Exciting stuff for sure.
One thing I could not figure out is pricing model for scan requests. Do the items scanned count against provisioned quota, or only the items returned? Vogel’s blog post says that you only pay per item returned, but then documentation says that using scans can quickly deplete the quota. I think this needs to be explicitly stated in the documentation, because scan is an oddball here.
Also, I suggest adding bulk delete, import and export features with special pricing. When you know that entire table is being read you can do a much better job at optimizing the request, so lower price seems in order. I would use that to export data to a relational store and perform complex analysis there.
Alex, The requirements depend upon the service but, for a NoSQL offering, your list is a good one. The list I would offer is narrower than yours but has considerable overlap:
– Stable, predictable performance
– Single digit latency
– No throughput ceiling
– Low cost
– Simple development/no admin
For me, top of the list is predictable performance with very low latency and no throughput ceiling. With excess latency, a separate caching layer is needed which brings more cost as well as both development and administrative complexity. With a throughput ceiling, to be safe, a developer would need to shard which again brings more development and administrative complexity. The next is cost. There are many exotic solutions that achieve the goals above but they only come at high cost.
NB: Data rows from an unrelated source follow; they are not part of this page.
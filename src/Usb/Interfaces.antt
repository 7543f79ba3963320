-- ===== src/Usb/Interfaces.antt =====
-- usb/xhci.c: the walk over a configuration descriptor, against the list of its descriptors.
use os_from_scratch_graphic.Prelude.{
  ℕ, zero, suc, ◌+◌, ◌≡◌, ◌≤◌, ◌<◌, inl, inr, refl, ap, sym, ◌∙◌, Bool, Bool-cases, true, false,
  ◌&&◌, ◌||◌, some, List, [], ◌∷◌, ◌++◌, arith, length, length-append, leb, ltb, ◌==◌,
  if◌then◌else◌,
}
use mathlib.Core.List.{append_assoc}
use os_from_scratch_graphic.Endian.{Bytes, byte}
use os_from_scratch_graphic.Endian.Layout.{byte-append_left, byte-append_right}
use os_from_scratch_graphic.Usb.Descriptors.{is_net_class, is_net_interface, find_net, found_net}

-- A descriptor: its first byte is its length, its second its type.
abbrev pub IsDescriptor : Bytes → Type 0
IsDescriptor d = (2 ≤ length d) × (byte d 0 ≡ length d)

abbrev pub AreDescriptors : List Bytes → Type 0
AreDescriptors [] = Unit
AreDescriptors (d ∷ ds) = IsDescriptor d × AreDescriptors ds

-- The descriptors one behind the other, in front of other bytes, and how long they are.
abbrev pub laid : List Bytes → Bytes → Bytes
laid [] post = post
laid (d ∷ ds) post = d ++ laid ds post

abbrev pub total : List Bytes → ℕ
total [] = 0
total (d ∷ ds) = length d + total ds

-- An interface descriptor of a class for networks.
unfoldable pub is_net : Bytes → Bool
is_net d = byte d 1 == 0x04 && leb 9 (length d) && is_net_class (byte d 5)

-- Some descriptor is such an interface.
unfoldable pub declares_net : List Bytes → Bool
declares_net [] = false
declares_net (d ∷ ds) = is_net d || declares_net ds

byte-laid :
    (pre d post : Bytes) (i j : ℕ)
    → i < length d
    → j ≡ length pre + i
    → byte (pre ++ (d ++ post)) j ≡ byte d i
byte-laid pre d post i j l at =
    byte-append_right pre (d ++ post) i j at ∙ byte-append_left d post i l

-- A test behind two others counts only where they hold.
and_cong : (a b x y : Bool) → (b ≡ true → x ≡ y) → a && b && x ≡ a && b && y
and_cong true true x y same = same refl
and_cong true false x y same = refl
and_cong false b x y same = refl

is_net_interface-laid :
    (pre d post : Bytes)
    → IsDescriptor d
    → is_net_interface (pre ++ (d ++ post)) (length pre) ≡ is_net d
unfolding is_net_interface is_net
is_net_interface-laid pre d post e =
    rw (size, kind)
      (and_cong (byte d 1 == 0x04) (leb 9 (length d))
        (is_net_class (byte (pre ++ (d ++ post)) (length pre + 5))) (is_net_class (byte d 5))
        (λ long.
          ap is_net_class
            (byte-laid pre d post 5 (length pre + 5) (omega (arith, nine long)) refl)))
  where
    size : byte (pre ++ (d ++ post)) (length pre) ≡ length d
    size = byte-laid pre d post 0 (length pre) (omega (arith, e.0)) (omega arith) ∙ e.1

    kind : byte (pre ++ (d ++ post)) (length pre + 1) ≡ byte d 1
    kind = byte-laid pre d post 1 (length pre + 1) (omega (arith, e.0)) refl

    nine : leb 9 (length d) ≡ true → 9 ≤ length d
    nine long = ground arith

or_false : (b : Bool) → b || false ≡ b
or_false true = refl
or_false false = refl

or_assoc : (a b c : Bool) → (a || b) || c ≡ a || (b || c)
or_assoc true b c = refl
or_assoc false b c = refl

find_net-laid :
    (ds : List Bytes) (pre post : Bytes) (fuel totlen : ℕ) (found : Bool)
    → AreDescriptors ds
    → totlen ≡ length pre + total ds
    → total ds < fuel
    → find_net fuel (pre ++ laid ds post) totlen (length pre) found
      ≡ some (found || declares_net ds)
unfolding find_net declares_net
find_net-laid ds pre post zero totlen found each at room = absurd (omega arith)
find_net-laid [] pre post (suc fuel) totlen found each at room = rw (stops, or_false found) refl
  where
    stops : leb (length pre + 2) totlen ≡ false
    stops = ground arith
find_net-laid (d ∷ ds) pre post (suc fuel) totlen found each at room =
    rw (goes, is_net_interface-laid pre d (laid ds post) each.0, size, wide)
      (last
        (find_net-laid ds (pre ++ d) post fuel totlen (found || is_net d) each.1
          (omega (arith, at, length-append pre d)) (omega (arith, room, each.0.0)))
        ds each.1 refl)
  where
    goes : leb (length pre + 2) totlen ≡ true
    goes = let two = each.0.0 in ground arith

    size : byte (pre ++ (d ++ laid ds post)) (length pre) ≡ length d
    size =
        byte-laid pre d (laid ds post) 0 (length pre) (omega (arith, each.0.0)) (omega arith)
        ∙ each.0.1

    wide : ltb (length d) 2 ≡ false
    wide = let two = each.0.0 in ground arith

    last :
        find_net fuel ((pre ++ d) ++ laid ds post) totlen (length (pre ++ d)) (found || is_net d)
          ≡ some ((found || is_net d) || declares_net ds)
        → (es : List Bytes) → AreDescriptors es
        → es ≡ ds
        → (if leb totlen (length pre + length d)
            then some (found || is_net d)
            else find_net fuel
                (pre ++ (d ++ laid ds post))
                totlen
                (length pre + length d)
                (found || is_net d))
          ≡ some (found || (is_net d || declares_net ds))
    last again [] none_left same =
        rw (end, ← same, ← or_assoc found (is_net d) false, or_false (found || is_net d)) refl
      where
        nothing : total ds ≡ 0
        nothing = rw (← same) refl

        end : leb totlen (length pre + length d) ≡ true
        end = let n = nothing in ground arith
    last again (e ∷ es) left same =
        rw (more, moved) (rest ∙ ap some (or_assoc found (is_net d) (declares_net ds)))
      where
        two : 2 ≤ total ds
        two = rw (← same) (omega (arith, left.0.0))

        more : leb totlen (length pre + length d) ≡ false
        more = let l = two in ground arith

        moved : length pre + length d ≡ length (pre ++ d)
        moved = sym (length-append pre d)

        rest :
            find_net fuel
              (pre ++ (d ++ laid ds post))
              totlen
              (length (pre ++ d))
              (found || is_net d)
            ≡ some ((found || is_net d) || declares_net ds)
        rest = rw (← append_assoc pre d (laid ds post)) again

-- The walk over a configuration descriptor, given as descriptors one behind the other of which each says its
-- length, in front of any bytes, ends, and finds an interface for a network if and only if one of the descriptors
-- is such an interface.
pub found_net-laid :
    (ds : List Bytes) (post : Bytes)
    → AreDescriptors ds
    → found_net (laid ds post) (total ds) ≡ some (declares_net ds)
unfolding found_net
found_net-laid ds post each =
    find_net-laid ds [] post (suc (total ds)) (total ds) false each (omega arith) (omega arith)

find_net-returns :
    (fuel : ℕ) (full : Bytes) (totlen off : ℕ) (found : Bool)
    → 0 < fuel
    → totlen < fuel + off
    → (b : Bool) × (find_net fuel full totlen off found ≡ some b)
unfolding find_net
find_net-returns zero full totlen off found some_fuel room = absurd (omega arith)
find_net-returns (suc fuel) full totlen off found some_fuel room =
    elim (Bool-cases (leb (off + 2) totlen)) [
      | inr outside ↦ (found, rw outside refl)
      | inl inside ↦ elim (Bool-cases (ltb (byte full off) 2)) [
        | inl short ↦ (found, rw (inside, short) refl)
        | inr two ↦ elim (Bool-cases (leb totlen (off + byte full off))) [
          | inl last ↦ (found || is_net_interface full off, rw (inside, two, last) refl)
          | inr more ↦
              rw (inside, two, more)
                (find_net-returns fuel full totlen (off + byte full off)
                  (found || is_net_interface full off) (fuel_left more) (room_left (long two)))
        ]
      ]
    ]
  where
    long : ltb (byte full off) 2 ≡ false → 2 ≤ byte full off
    long two = ground arith

    fuel_left : leb totlen (off + byte full off) ≡ false → 0 < fuel
    fuel_left more = ground arith

    room_left : 2 ≤ byte full off → totlen < fuel + (off + byte full off)
    room_left two = omega arith

-- The walk ends on any bytes, whatever length is claimed for them.
pub found_net-ends : (full : Bytes) (totlen : ℕ) → (b : Bool) × (found_net full totlen ≡ some b)
unfolding found_net
found_net-ends full totlen =
    find_net-returns (suc totlen) full totlen 0 false (omega arith) (omega arith)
Finally simple development and administration. Under this heading I’m grouping the 5 items you broke out separately in your list above.
There are also the "air and water" requirements that just don’t fit into a prioritized list: security and availability. Without these, all the rest are valueless. I look at these as table stakes for all services.
–jrh
(Alex again)
James, if predictability of performance is just very close to the number 1, what are the other top characteristics that customers are looking for?
Here’s what I’d include on this list, but I’d definitely love to learn more from you:
– administration and maintenance
– integrating monitoring
– auto-healing/self recovery
– simplicity of use (APIs, data import/export)
– integration with complementary services (e.g. DynamoDB and EMR, EC2 and S3, etc)
What is the real list though?
Alex makes an important point that is often missed "developers care about predictability of performance." I absolutely agree. Performance predictability of a service is very close to the number one way to get happy customers and a good nights sleep.
–jrh
James,
1. As I’ve pointed in my bullet list notes about DynamoDB (http://nosql.mypopescu.com/post/16061289362/amazon-dynamodb-a-fast-and-scalable-nosql-database), while not being the first managed NoSQL solutions, there are some (critical) characteristics of DynamoDB that make it unique. One of these is, as you emphasize in your post, the auto-sharding, moreover so the auto-sharding based on SLA.
2. On the other hand, I don’t really agree with Derrick Harris’s point about developers carrying explicitly about SSD. Summarizing my follow up to Derrick’s post (http://nosql.mypopescu.com/post/16076337921/amazons-dynamodb-shows-hardware-as-means-to-an-end), I think developers care about predictability of performance and the usage of SSD is a consequence of the guarantees DynamoDB is making.